Reply to Peace Now on J’lem

Posted on April 19, 2010 In Blog

Americans for Peace Now’s Debra DeLee pens a reply to my (Nathan Diament’s) op ed in Politico defending the unity of Jerusalem and its place in Jewish history, faith and identity.

Not content to focus on the facts or arguments alone, Ms. DeLee insists on maligning me as an “obstructionist” who, apparently, does not belong in the ranks of those at Peace Now – who are the “us who care about Israel” – and “peddling” an agenda of “derailing the renewal of…peace talks.” I will confine my reply to the few facts and arguments contained in the Peace Now reply:

Yes, I know that previous Israeli Prime Ministers Rabin, Barak (not Sharon, as DeLee states) and Olmert were willing to negotiate over Jerusalem. I concede, as anyone must, that the Palestinian claims on Jerusalem require that it be a topic on the negotiation agenda. But it is also the case that none of these past Prime Ministers committed Israel to such a re-division, much less concluded a deal – especially as Arafat and Abbas rejected whatever concessions in Jerusalem were being offered. And so, especially in the wake of the Palestinians’ post-Oslo resort to Intifada and post-Olmert rejection of even entering into face-to-face negotiations, the current Israeli government has explicitly declared its commitment to a unified Jerusalem in which people of all faiths are secure and the city is at peace.

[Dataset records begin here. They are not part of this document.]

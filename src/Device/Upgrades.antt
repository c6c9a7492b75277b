-- ===== src/Device/Upgrades.antt =====
-- A device never runs a version below one it ran before.
use nff_core.Prelude.{
  ℤ, pos, negsuc, Bool, true, false, ◌||◌, Option, none, some, List, [], ◌∷◌, String, if◌then◌else◌,
  Text, text_eqb, ◌≡◌, ◌⊎◌, refl, sym, ap, ◌∙◌, subst, inl, inr, Bool-cases, arith,
}
use nff_core.Device.{
  version_key, int_lt, int_eq, key_le, key_le?, version_le, Firmware, Device, OtaCommand, Fetch,
  unreachable, fetched, is_blank_text, or_text, or_some, or_zero, staged, downloaded, handle,
  revert, commit, tried, apply_pending_ota, sync_fault, cleared, check_pending_result, boot,
}

int_eq-eq : (a b : ℤ) → int_eq a b ≡ true → a ≡ b
unfolding int_eq
int_eq-eq (pos a) (pos b) h = ground arith
int_eq-eq (pos a) (negsuc b) h = cc
int_eq-eq (negsuc a) (pos b) h = cc
int_eq-eq (negsuc a) (negsuc b) h = ground arith

int_eq_refl : (a : ℤ) → int_eq a a ≡ true
unfolding int_eq
int_eq_refl (pos a) = ground arith
int_eq_refl (negsuc a) = ground arith

int_lt_trans : (a b c : ℤ) → int_lt a b ≡ true → int_lt b c ≡ true → int_lt a c ≡ true
unfolding int_lt
int_lt_trans (pos a) (pos b) (pos c) h k = ground arith
int_lt_trans (pos a) (pos b) (negsuc c) h k = cc
int_lt_trans (pos a) (negsuc b) c h k = cc
int_lt_trans (negsuc a) (pos b) (pos c) h k = refl
int_lt_trans (negsuc a) (pos b) (negsuc c) h k = cc
int_lt_trans (negsuc a) (negsuc b) (pos c) h k = refl
int_lt_trans (negsuc a) (negsuc b) (negsuc c) h k = ground arith

module _ (a b c : ℤ) where
  int_lt-eq : int_lt a b ≡ true → int_eq b c ≡ true → int_lt a c ≡ true
  int_lt-eq h k = rw (sym (int_eq-eq b c k)) h

  int_eq-lt : int_eq a b ≡ true → int_lt b c ≡ true → int_lt a c ≡ true
  int_eq-lt h k = rw (int_eq-eq a b h) k

  int_eq_trans : int_eq a b ≡ true → int_eq b c ≡ true → int_eq a c ≡ true
  int_eq_trans h k = rw (int_eq-eq a b h) k

key_le_trans : (xs ys zs : List ℤ) → key_le xs ys ≡ true → key_le ys zs ≡ true → key_le xs zs ≡ true
unfolding key_le
key_le_trans [] ys zs h k = refl
key_le_trans (x ∷ xs) [] zs h k = cc
key_le_trans (x ∷ xs) (y ∷ ys) [] h k = cc
key_le_trans (x ∷ xs) (y ∷ ys) (z ∷ zs) h k = ground (
  arith,
  int_lt_trans x y z,
  int_lt-eq x y z,
  int_eq-lt x y z,
  int_eq_trans x y z,
  key_le_trans xs ys zs,
)

keys_trans :
    (a b c : Option (List ℤ)) → key_le? a b ≡ true → key_le? b c ≡ true → key_le? a c ≡ true
unfolding key_le?
keys_trans (some a) (some b) (some c) h k = key_le_trans a b c h k
keys_trans (some a) (some b) none h k = cc
keys_trans (some a) none c h k = cc
keys_trans none b c h k = cc

version_le_trans :
    (a b c : Text) → version_le a b ≡ true → version_le b c ≡ true → version_le a c ≡ true
unfolding version_le
version_le_trans a b c = keys_trans (version_key a) (version_key b) (version_key c)

-- The same version, or one that is not below it; a version that is not set counts as 0.0.0.
abbrev pub IsUp : Text → Text → Type 0
IsUp a b = (b ≡ a) ⊎ (version_le (or_zero a) (or_zero b) ≡ true)

IsUp-trans : (a b c : Text) → IsUp a b → IsUp b c → IsUp a c
IsUp-trans a b c (inl e) k = subst (λ v. IsUp v c) e k
IsUp-trans a b c (inr h) (inl e) = subst (λ v. IsUp a v) (sym e) (inr h)
IsUp-trans a b c (inr h) (inr k) = inr (version_le_trans (or_zero a) (or_zero b) (or_zero c) h k)

-- What is pending is a version that is not below the running one, which is kept for a rollback.
record IsStaged (d : Device) : Type 0 where
  version : Text
  named : d.nvs.ota_version ≡ some version
  filled : is_blank_text version ≡ false
  is_upgrade : version_le (or_zero d.fw_version) version ≡ true
  kept : d.nvs.ota_prev_version ≡ some d.fw_version

abbrev IsSound : Device → Type 0
IsSound d = (d.nvs.ota_pending ≡ false) ⊎ IsStaged d

-- What a device goes through: a command, with what its download gives, or a boot
pub data Event : Type 0 where
  command : OtaCommand → Fetch → Event
  reboot : Event

module _ (hash : String → Text) (load : String → Text → Firmware)
    (buggy : Text → Option String) where
  abbrev pub live : Event → Device → Device
  live (command c fetch) d = (handle hash c fetch d).0
  live reboot d = (boot load buggy d).0

  unfoldable pub lives : List Event → Device → Device
  lives [] d = d
  lives (e ∷ es) d = lives es (live e d)

  staged-IsSound :
      (c : OtaCommand) (d : Device) (artifact : Option String)
      → is_blank_text c.version ≡ false
      → version_le (or_zero d.fw_version) c.version ≡ true
      → IsSound (staged c d artifact) × ((staged c d artifact).fw_version ≡ d.fw_version)
  unfolding staged
  staged-IsSound c d artifact f v = (
    inr (record { version = c.version; named = refl; filled = f; is_upgrade = v; kept = refl }),
    refl,
  )

  downloaded-IsSound :
      (c : OtaCommand) (fetch : Fetch) (d : Device)
      → is_blank_text c.version ≡ false
      → version_le (or_zero d.fw_version) c.version ≡ true
      → IsSound d
      → IsSound (downloaded hash c d fetch).0
        × ((downloaded hash c d fetch).0.fw_version ≡ d.fw_version)
  unfolding downloaded
  downloaded-IsSound c unreachable d f v s = staged-IsSound c d none f v
  downloaded-IsSound c (fetched artifact) d f v s =
      elim (Bool-cases (text_eqb (hash artifact) c.sha256)) [
        | inl e ↦ rw e (staged-IsSound c d (some artifact) f v)
        | inr e ↦ rw e (s, refl)
      ]

  first_false : (a b c : Bool) → (a || b || c) ≡ false → a ≡ false
  first_false a b c h = ground arith

  handle-IsSound :
      (c : OtaCommand) (fetch : Fetch) (d : Device)
      → IsSound d
      → IsSound (handle hash c fetch d).0 × ((handle hash c fetch d).0.fw_version ≡ d.fw_version)
  unfolding handle
  handle-IsSound c fetch d s =
      elim (Bool-cases (is_blank_text c.version || is_blank_text c.url || is_blank_text c.sha256)) [
        | inl e ↦ rw e (s, refl)
        | inr e ↦ elim (Bool-cases (version_le (or_zero d.fw_version) c.version)) [
          | inr v ↦ rw (e, v) (s, refl)
          | inl v ↦
              rw (e, v)
                (downloaded-IsSound c fetch d
                  (first_false (is_blank_text c.version) (is_blank_text c.url)
                    (is_blank_text c.sha256) e)
                  v s)
        ]
      ]

  or_text_filled : (default v : Text) → is_blank_text v ≡ false → or_text default v ≡ v
  unfolding or_text is_blank_text
  or_text_filled default [] h = cc
  or_text_filled default (c ∷ v) h = refl

  or_text_self : (v : Text) → or_text v v ≡ v
  unfolding or_text
  or_text_self [] = refl
  or_text_self (c ∷ v) = refl

  tried-IsUp :
      (d : Device) (s : IsStaged d) (verdict : Option String) (version : Text)
      → version ≡ s.version
      → IsUp d.fw_version (tried load version verdict d).fw_version
  unfolding tried revert commit or_some
  tried-IsUp d s (some scenario) version e = inl (rw s.kept (or_text_self d.fw_version))
  tried-IsUp d s none version e = inr (
      subst (λ v. version_le (or_zero d.fw_version) v ≡ true)
        (sym (or_text_filled _ version (subst (λ v. is_blank_text v ≡ false) (sym e) s.filled)))
        (subst (λ v. version_le (or_zero d.fw_version) v ≡ true) (sym e) s.is_upgrade))

  staged_version :
      (d : Device) (s : IsStaged d) → or_some d.fw_version d.nvs.ota_version ≡ s.version
  unfolding or_some
  staged_version d s =
      ap (or_some d.fw_version) s.named ∙ or_text_filled d.fw_version s.version s.filled

  pending-IsUp :
      (d : Device)
      → IsStaged d
      → (pending : Bool) (version : Text) → version ≡ or_some d.fw_version d.nvs.ota_version
      → IsUp d.fw_version (if pending then tried load version (buggy version) d else d).fw_version
  pending-IsUp d s false version e = inl refl
  pending-IsUp d s true version e = tried-IsUp d s (buggy version) version (e ∙ staged_version d s)

  applied-IsUp :
      (d : Device) → IsSound d → IsUp d.fw_version (apply_pending_ota load buggy d).fw_version
  unfolding apply_pending_ota
  applied-IsUp d (inl idle) = rw idle (inl refl)
  applied-IsUp d (inr s) = pending-IsUp d s d.nvs.ota_pending _ refl

  reported-IsSound :
      (d : Device)
      → IsSound (check_pending_result (sync_fault d)).0
        × ((check_pending_result (sync_fault d)).0.fw_version ≡ d.fw_version)
  unfolding check_pending_result cleared sync_fault
  reported-IsSound d = elim (Bool-cases d.nvs.ota_pending) [
    | inl e ↦ rw e (inl refl, refl)
    | inr e ↦ rw e (inl refl, refl)
  ]

  live-IsUp :
      (e : Event) (d : Device)
      → IsSound d
      → IsSound (live e d) × IsUp d.fw_version (live e d).fw_version
  unfolding boot
  live-IsUp (command c fetch) d s =
      let (sound, same) = handle-IsSound c fetch d s in (sound, inl same)
  live-IsUp reboot d s =
      let (sound, same) = reported-IsSound (apply_pending_ota load buggy d) in
      (sound, subst (λ v. IsUp d.fw_version v) (sym same) (applied-IsUp d s))

  -- From a device with no update pending, whatever commands and boots follow, whatever the downloads give and
  -- whichever versions fail their trial, the version it runs in the end is not below the one it ran at first.
  pub lives-IsUp :
      (es : List Event) (d : Device)
      → d.nvs.ota_pending ≡ false
      → IsUp d.fw_version (lives es d).fw_version
  unfolding lives
  lives-IsUp es d idle = from_sound es d (inl idle)
    where
      from_sound :
          (es : List Event) (d : Device) → IsSound d → IsUp d.fw_version (lives es d).fw_version
      from_sound [] d s = inl refl
      from_sound (e ∷ es) d s =
          let (sound, up) = live-IsUp e d s in
          IsUp-trans d.fw_version (live e d).fw_version (lives es (live e d)).fw_version up
            (from_sound es (live e d) sound)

Of course, “Jerusalem’s holiness…derives from the Divine decision to house to Holy of Holies there.” I am pleased that in the course of advocating the recognition of “Palestinian national aspirations” in Jerusalem, DeLee does not take the Palestinian’s tack and deny the historic and religious connection of the Jews to Jerusalem. And, of course, a “political deal could [not] make Jerusalem less holy.” But a peace deal that cedes (or wrests) the Holy City from Israeli sovereignty will make Jerusalem less secure and drive a dagger into the heart of Jewish and Israeli identity. As Americans, we should not want the Obama Administration to press for Jerusalem’s division for that former reason, as Jews we should not support Jerusalem’s division for that latter reason.

On the security point, we have a track record to look at; a history from 1948-1967 of Arab rule in Jerusalem and the barring of Jews from our holy sites and destruction of them too. And, we have a more recent track record, of just the past few years, when synagogues in Gaza were sacked after that territory came under Palestinian control and Joseph’s Tomb in the West Bank and other sites under Arab control have also been defaced and degraded.

On the identity point, the Palestinians can, and do, claim an attachment to Jerusalem, but on the facts, their claim pales in comparison to the Jewish claim. I laid out the Jewish claims in my essay. As to the Palestinian claims:
On history – our connection to Jerusalem in 3000 years old, theirs is not; and you will not find Palestinian claims to Jerusalem prior to its recapture by Israel in 1967, it is not even mentioned in the PLO’s founding covenant of 1964.
On religion – in Islam, Jerusalem is their third holiest site, as opposed to our holiest; it is not mentioned in Koran once, it is in the Hebrew Bible hundreds of times; Muslims face Mecca, even when praying in Jerusalem, Jew face Jerusalem from wherever we pray.

Finally, in contrast to one who seeks to derail peace talks, I put forward the simple point that, in light of all this, that the “status quo [in Jerusalem] – de jure Israeli sovereignty with de facto Muslim control” over their holy sites “is more commendable than any speculative new ‘international regime’” for the holy city. The recognition of this position by the Obama Administration could actually advance peace, not derail it.

Like so many others, including Mssrs. Brzezinski and Solarz to whom my essay was directly responding to, the fine folks at Peace Now seem to believe that for peace to be achieved Israel must sacrifice everything. Peace is desirable. Peace is to be pursued. Peace is to be prayed for. But peace at any price – at the price of security, identity, faith and history? – is that a peace worth having?